US researchers identify a gene that directs the development of lung cancer and offers a better understanding of its disease treatment.
There is currently no approved, targeted, first-line therapy for lung squamous carcinoma (LUSC), a cancer that forms in cell layers lining the organ and is responsible for 20 to 30 percent of lung carcinoma deaths.
A team led by researchers at New York University (NYU) Langone Health’s Perlmutter Cancer Centre, US, have identified a gene that drives development of the second most common type of lung carcinoma, offering greater insight into how the disease might be treated.
However, this new study, published in Cancer Cell, found that deleting a gene called KMT2D, caused normal (basal) lung cells grown in complex cultures (organoids) to transform into LUSC cells.
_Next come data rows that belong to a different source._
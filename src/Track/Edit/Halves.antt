-- ===== src/Track/Edit/Halves.antt =====
-- The two halves of a split bar, and a track with them in place of the bar
-- (domain/file/storage/storage.rs, `split_property_block`).
use thaum_painter.Base.{
  ℕ, zero, suc, ◌+◌, ◌-◌, ◌≤◌, ◌<◌, ◌≡◌, ◌↔◌, ◌⊎◌, inl, inr, Bool, true, false, ◌&&◌, Option, some,
  List, [], ◌∷◌, ltb, get_elem?, arith, add32, sub32, add32_fits, sub32_fits, Bool-cases,
}
use thaum_painter.Base.Text.{Text}
use thaum_painter.Track.Block.{SharedDocumentPropertyBlock as Block}
use thaum_painter.Track.Edit.{modify, insert_at, with_span, copy_of, can_split}
use thaum_painter.Track.Tiling.{Chain, ApartFrom, EndsBlank, FitsU32}

module _ {Value : Type 0} where
  -- A solid bar that covers `x`, by its value.
  abbrev pub Covers : ℕ → Option Value → Block Value → Type 0
  Covers x v b =
      (b.start_breath ≤ x)
      × (x < b.start_breath + b.length_breaths)
      × (b.is_blank ≡ false)
      × (b.value ≡ v)

  abbrev pub Paints : ℕ → Option Value → List (Block Value) → Type 0
  Paints x v [] = ⊥
  Paints x v (b ∷ bs) = Covers x v b ⊎ Paints x v bs

  module _ (b : Block Value) (n : ℕ) (fits : FitsU32 b) (can : can_split b n ≡ true) where
    split_within :
        (b.start_breath < n) × (n < b.start_breath + b.length_breaths) × (b.is_blank ≡ false)
    unfolding can_split
    split_within =
        let e = add32_fits b.start_breath b.length_breaths in
        let d = sub32_fits (add32 b.start_breath b.length_breaths) 1 in
        ground (
          arith,
          e (omega arith),
          d (omega (arith, e (omega arith))) (omega (arith, e (omega arith))),
        )

    abbrev left : Block Value
    left = with_span b.start_breath (sub32 n b.start_breath) b

    abbrev right : Text → Block Value
    right new_id =
        copy_of b new_id n (add32 (sub32 (sub32 (add32 b.start_breath b.length_breaths) 1) n) 1)

    lengths :
        (sub32 n b.start_breath ≡ n - b.start_breath)
        × (add32 (sub32 (sub32 (add32 b.start_breath b.length_breaths) 1) n) 1
            ≡ b.start_breath + b.length_breaths - n)
    lengths =
        let w = split_within in
        let e = add32_fits b.start_breath b.length_breaths (omega arith) in
        let l = sub32_fits n b.start_breath (omega arith) (omega arith) in
        let d = sub32_fits (b.start_breath + b.length_breaths) 1 (omega arith) (omega arith) in
        let r = sub32_fits (b.start_breath + b.length_breaths - 1) n (omega arith) (omega arith) in
        let a = add32_fits (b.start_breath + b.length_breaths - 1 - n) 1 (omega arith) in
        (l, rw (e, d, r, a) (omega arith))

    Covers-halves :
        (new_id : Text) (x : ℕ) (v : Option Value)
        → (Covers x v left ⊎ Covers x v (right new_id)) ↔ Covers x v b
    Covers-halves new_id x v =
        let w = split_within in
        rw (lengths.0, lengths.1)
          (
            λ h. elim h [
              | inl k ↦ (k.0, omega arith, k.2, k.3)
              | inr k ↦ (omega arith, omega arith, k.2, k.3)
            ],
            λ h. elim (Bool-cases (ltb x n)) [
              | inl e ↦ inl (h.0, ground arith, h.2, h.3)
              | inr e ↦ inr (ground arith, ground arith, h.2, h.3)
            ],
          )

    -- The bars with the halves in place of the bar at an index.
    abbrev halved : ℕ → Text → List (Block Value) → List (Block Value)
    halved i new_id bs =
        insert_at (suc i) (right new_id)
          (modify i (with_span b.start_breath (sub32 n b.start_breath)) bs)

    pub Paints-halved :
        (i : ℕ) (new_id : Text) (x : ℕ) (v : Option Value) (bs : List (Block Value))
        → get_elem? bs i ≡ some b
        → Paints x v (halved i new_id bs) ↔ Paints x v bs
    unfolding insert_at modify
    Paints-halved i new_id x v [] h = absurd (ground arith)
    Paints-halved zero new_id x v (c ∷ bs) h =
        let e : c ≡ b = cc h in
        let k = Covers-halves new_id x v in
        rw e (
          λ m. elim m [
            | inl p ↦ inl (k.0 (inl p))
            | inr p ↦ elim p [ inl q ↦ inl (k.0 (inr q)) | inr q ↦ inr q ]
          ],
          λ m. elim m [
            | inl p ↦ elim (k.1 p) [ inl q ↦ inl q | inr q ↦ inr (inl q) ]
            | inr p ↦ inr (inr p)
          ],
        )
    Paints-halved (suc i) new_id x v (c ∷ bs) h =
        let ih = Paints-halved i new_id x v bs h in
        (
          λ m. elim m [ inl p ↦ inl p | inr p ↦ inr (ih.0 p) ],
          λ m. elim m [ inl p ↦ inl p | inr p ↦ inr (ih.1 p) ],
        )

    pub halved-Chain :
        (i : ℕ) (new_id : Text) (a c : ℕ) (bs : List (Block Value))
        → get_elem? bs i ≡ some b
        → Chain a c bs
        → Chain a c (halved i new_id bs)
    unfolding insert_at modify
    halved-Chain i new_id a c [] h k = absurd (ground arith)
    halved-Chain zero new_id a c (d ∷ bs) h k =
        let e : d ≡ b = cc h in
        let w = split_within in
        let k' : (b.start_breath ≡ a)
            × (1 ≤ b.length_breaths)
            × Chain (b.start_breath + b.length_breaths) c bs =
          rw (← e) k in
        let last : b.start_breath + b.length_breaths ≡ n + (b.start_breath + b.length_breaths - n) =
          omega arith in
        rw (lengths.0, lengths.1) (k'.0, omega arith, (omega arith, omega arith, rw (← last) k'.2))
    halved-Chain (suc i) new_id a c (d ∷ bs) h k =
        (k.0, k.1, halved-Chain i new_id (d.start_breath + d.length_breaths) c bs h k.2)

    pub halved-ApartFrom :
        (i : ℕ) (new_id : Text) (before : Bool) (bs : List (Block Value))
        → get_elem? bs i ≡ some b
        → ApartFrom before bs
        → ApartFrom before (halved i new_id bs)
    unfolding insert_at modify
    halved-ApartFrom i new_id before [] h k = absurd (ground arith)
    halved-ApartFrom zero new_id before (d ∷ bs) h k =
        let e : d ≡ b = cc h in
        let w = split_within in
        let k' : ((before && b.is_blank) ≡ false) × ApartFrom b.is_blank bs = rw (← e) k in
        rw e (k'.0, (ground arith, k'.1))
    halved-ApartFrom (suc i) new_id before (d ∷ bs) h k =
        (k.0, halved-ApartFrom i new_id d.is_blank bs h k.1)

    pub halved-EndsBlank :
        (i : ℕ) (new_id : Text) (bs : List (Block Value))
        → get_elem? bs i ≡ some b
        → EndsBlank bs
        → EndsBlank (halved i new_id bs)
    unfolding insert_at modify
    halved-EndsBlank i new_id [] h k = absurd k
    halved-EndsBlank zero new_id (d ∷ []) h k =
        let e : d ≡ b = cc h in
        let w = split_within in let k' : b.is_blank ≡ true = rw (← e) k in absurd (ground arith)
    halved-EndsBlank zero new_id (d ∷ c ∷ bs) h k = k
    halved-EndsBlank (suc i) new_id (d ∷ []) h k = absurd (ground arith)
    halved-EndsBlank (suc zero) new_id (d ∷ c ∷ bs) h k = halved-EndsBlank zero new_id (c ∷ bs) h k
    halved-EndsBlank (suc (suc i)) new_id (d ∷ c ∷ bs) h k =
        halved-EndsBlank (suc i) new_id (c ∷ bs) h k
KMT2D regulates the activity of genes that enable the building of protein tyrosine phosphatases, enzymes that restrain the cell-growth-encouraging signals sent through another enzyme set called receptor tyrosine kinases (RTKs).
Two RTKs, EGFR and ERBB2, are known to take part in the abnormal activation of the RTK-RAS signalling pathway, wherein a molecular switch gets “stuck in the on mode,” causing cells to continually multiply as part of cancer.
“Our study identifies KMT2D as a pivotal contributor to the development of lung squamous cancers, and offers vital clues about how to target KMT2D-deficient LUSC,” said co-corresponding author Dr Kwok Kin-Wong, director of the Division of Hematology and Medical Oncology at NYU Langone Health.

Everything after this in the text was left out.